For training VLMs with the generated data, VQASynth integrates with LoRA (Low-Rank Adaptation) fine-tuning workflows. The repository includes example training scripts that demonstrate how to use the synthetic QA pairs to specialize models like LLaVA or Qwen-VL for spatial reasoning tasks. The authors successfully trained SpaceOm and SpaceThinker models, showing measurable improvements on distance estimation benchmarks—not by making the vision encoder better at depth perception, but by teaching the language model to interpret spatial features the vision encoder already extracts.
Gotcha
VQASynth's Achilles heel is the fundamental limitation of monocular depth estimation. Reconstructing 3D geometry from a single 2D image is an ill-posed problem—multiple 3D scenes can project to identical images. While VGGT performs admirably, it still struggles with transparent objects, mirrors, textureless surfaces, and scenes with unusual lighting. If your depth estimates are garbage, all downstream spatial reasoning inherits that garbage.
The templated question generation, while scalable, produces a distinctly synthetic flavor. Questions follow predictable patterns that don't capture the messy, contextual way humans ask about space. "How far is the couch from the table?" appears in the dataset, but you won't find "If I'm sitting on the couch, can I reach my drink on the table without getting up?"—the kind of embodied, purpose-driven spatial query that matters in real applications. Models trained purely on VQASynth data may excel at benchmark distance estimation but fumble when faced with natural language spatial questions that don't match the templates.
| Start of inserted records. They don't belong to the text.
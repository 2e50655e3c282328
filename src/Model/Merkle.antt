-- ===== src/Model/Merkle.antt =====
-- src/model/merkle.c: Merkle roots and proofs over encoded records.
pub mod Shape
pub mod Loops
pub mod Proofs
pub mod Binding
pub mod Malleable
pub mod Lengths
mod Tests
use vicarl.Prelude.{
  ℕ, zero, suc, ◌+◌, ◌-◌, ◌*◌, ◌/◌, ◌%◌, ◌^◌, List, [], ◌∷◌, ◌++◌, Bool, true, false, not, Option,
  none, some, length, replicate, get_elem?, bytes_eq, ltb, leb, ◌==◌, if◌then◌else◌,
}
use vicarl.Core.Types.{
  Result, ok, err, invalid_argument, format, oom, internal, fault, Slice, slice_bytes, ◌>>=◌, ◌>>◌,
  reject_if,
}
use vicarl.Core.Alloc.{Allocator, malloc_grants, calloc_grants, size_limit}
use vicarl.Core.Sha256.{sha256, sha256_digest}

pub hash_concat : List ℕ → List ℕ → List ℕ
hash_concat left right = sha256_digest (left ++ right)

-- The hashes of the records.
pub leaf_hashes : List Slice → Result (List (List ℕ))
leaf_hashes [] = ok []
leaf_hashes (r ∷ rs) = do leaf ← sha256 r; rest ← leaf_hashes rs; ok (leaf ∷ rest)

-- The level above: neighbours in pairs, the last hash twice if it has none.
pub next_level : List (List ℕ) → List (List ℕ)
next_level [] = []
next_level (left ∷ []) = hash_concat left left ∷ []
next_level (left ∷ right ∷ rest) = hash_concat left right ∷ next_level rest

pub parent_count : ℕ → ℕ
parent_count count = (count + 1) / 2

-- `while (count > 1)`; the level is not empty. Fuel is the number of leaves.
pub root_loop : Allocator → ℕ → List (List ℕ) → Result (List ℕ)
unfolding parent_count
root_loop grants zero level = err fault
root_loop grants (suc fuel) level =
    let more = (do
      reject_if (ltb ((size_limit - 1) / 32) (parent_count (length level))) internal
      reject_if (not (malloc_grants grants (parent_count (length level) * 32))) oom
      root_loop grants fuel (next_level level)) in
    if ltb 1 (length level)
    then more
    else elim (get_elem? level 0) [ none ↦ err fault | some h ↦ ok h ]

abbrev pub zero_hash : List ℕ
zero_hash = replicate 32 0

pub merkle_root : Allocator → List Slice → Result (List ℕ)
merkle_root grants records = if length records == 0 then ok zero_hash else do
  reject_if (ltb ((size_limit - 1) / 32) (length records)) format
  reject_if (not (malloc_grants grants (length records * 32))) oom
  level ← leaf_hashes records
  root_loop grants (length records) level

-- `vicarl_merkle_proof_t`: for each level, the sibling and whether it is on the left.
abbrev pub MerkleProof : Type 0
MerkleProof = List (List ℕ × Bool)

-- `while (count > 1) { need++; count = (count + 1) / 2; }`, on fuel `count`. No test on the number of
-- leaves stands before this loop, so the sum may wrap around.
pub proof_len : ℕ → ℕ → ℕ
proof_len zero count = 0
proof_len (suc fuel) count =
    let more = suc (proof_len fuel ((count + 1) % size_limit / 2)) in
    if ltb 1 count then more else 0

-- `sib_idx`: a right node's sibling is on its left; a left node without a neighbour is its own.
pub sib_idx : ℕ → ℕ → ℕ
sib_idx count idx = if idx % 2 == 0 then (if ltb (idx + 1) count then idx + 1 else idx) else idx - 1

-- A read of the level, with what is stored beside it.
step_of : Option (List ℕ) → Bool → Result (List ℕ × Bool)
step_of none on_left = err fault
step_of (some h) on_left = ok (h, on_left)

-- The sibling, and whether it is on the left.
pub sibling : List (List ℕ) → ℕ → Result (List ℕ × Bool)
unfolding sib_idx step_of
sibling level idx = step_of (get_elem? level (sib_idx (length level) idx)) (not (idx % 2 == 0))

-- `while (level_count > 1)`
pub proof_loop : Allocator → ℕ → List (List ℕ) → ℕ → Result MerkleProof
unfolding sibling parent_count
proof_loop grants zero level idx = err fault
proof_loop grants (suc fuel) level idx =
    let more = (do
      step ← sibling level idx
      reject_if (not (malloc_grants grants (parent_count (length level) * 32))) oom
      rest ← proof_loop grants fuel (next_level level) (idx / 2)
      ok (step ∷ rest)) in
    if ltb 1 (length level) then more else ok []

pub merkle_proof_build : Allocator → List Slice → ℕ → Result MerkleProof
unfolding proof_len
merkle_proof_build grants records index =
    let n = length records in
    let need = proof_len n n in
    let slots = if need == 0 then 1 else need in
    do
      reject_if (n == 0) invalid_argument
      reject_if (leb n index) invalid_argument
      reject_if (not (calloc_grants grants slots 32)) oom
      reject_if (not (calloc_grants grants slots 1)) oom
      reject_if (ltb ((size_limit - 1) / 32) n) format
      reject_if (not (malloc_grants grants (n * 32))) oom
      level ← leaf_hashes records
      proof_loop grants n level index

-- The loop over the siblings: `cur` is the hash so far.
pub climb : List ℕ → MerkleProof → List ℕ
climb cur [] = cur
climb cur ((sib, true) ∷ rest) = climb (hash_concat sib cur) rest
climb cur ((sib, false) ∷ rest) = climb (hash_concat cur sib) rest

pub merkle_proof_verify : Slice → ℕ → ℕ → MerkleProof → List ℕ → Result (Unit {0})
unfolding proof_len climb
merkle_proof_verify record_bytes index n proof expected_root = do
  reject_if (n == 0) invalid_argument
  reject_if (leb n index) invalid_argument
  reject_if (not (length proof == proof_len n n)) format
  leaf ← sha256 record_bytes
  reject_if (not (bytes_eq (climb leaf proof) expected_root)) format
The solution involves mixing synthetic data with smaller amounts of human-annotated examples, but that reintroduces the annotation cost VQASynth aimed to eliminate.
Verdict
Use if: You're building embodied AI systems (robots, AR applications, navigation assistants) where spatial reasoning is critical and you need training data at scale. VQASynth shines when you have domain-specific images (warehouse floors, surgical environments, home interiors) but lack spatial annotations. It's also excellent for research into spatial reasoning capabilities, letting you control dataset properties and run ablation studies. Skip if: You need millimeter-precise measurements for engineering applications—use actual depth sensors or LiDAR instead. Also skip if your VLM application doesn't involve spatial reasoning (summarization, OCR, general image description) or if you're working with image types where monocular depth estimation fails catastrophically (microscopy, astronomical imagery, abstract art). Finally, if you need production-ready spatial QA with natural language diversity, you'll need to supplement VQASynth's synthetic data with human annotations rather than relying on it exclusively.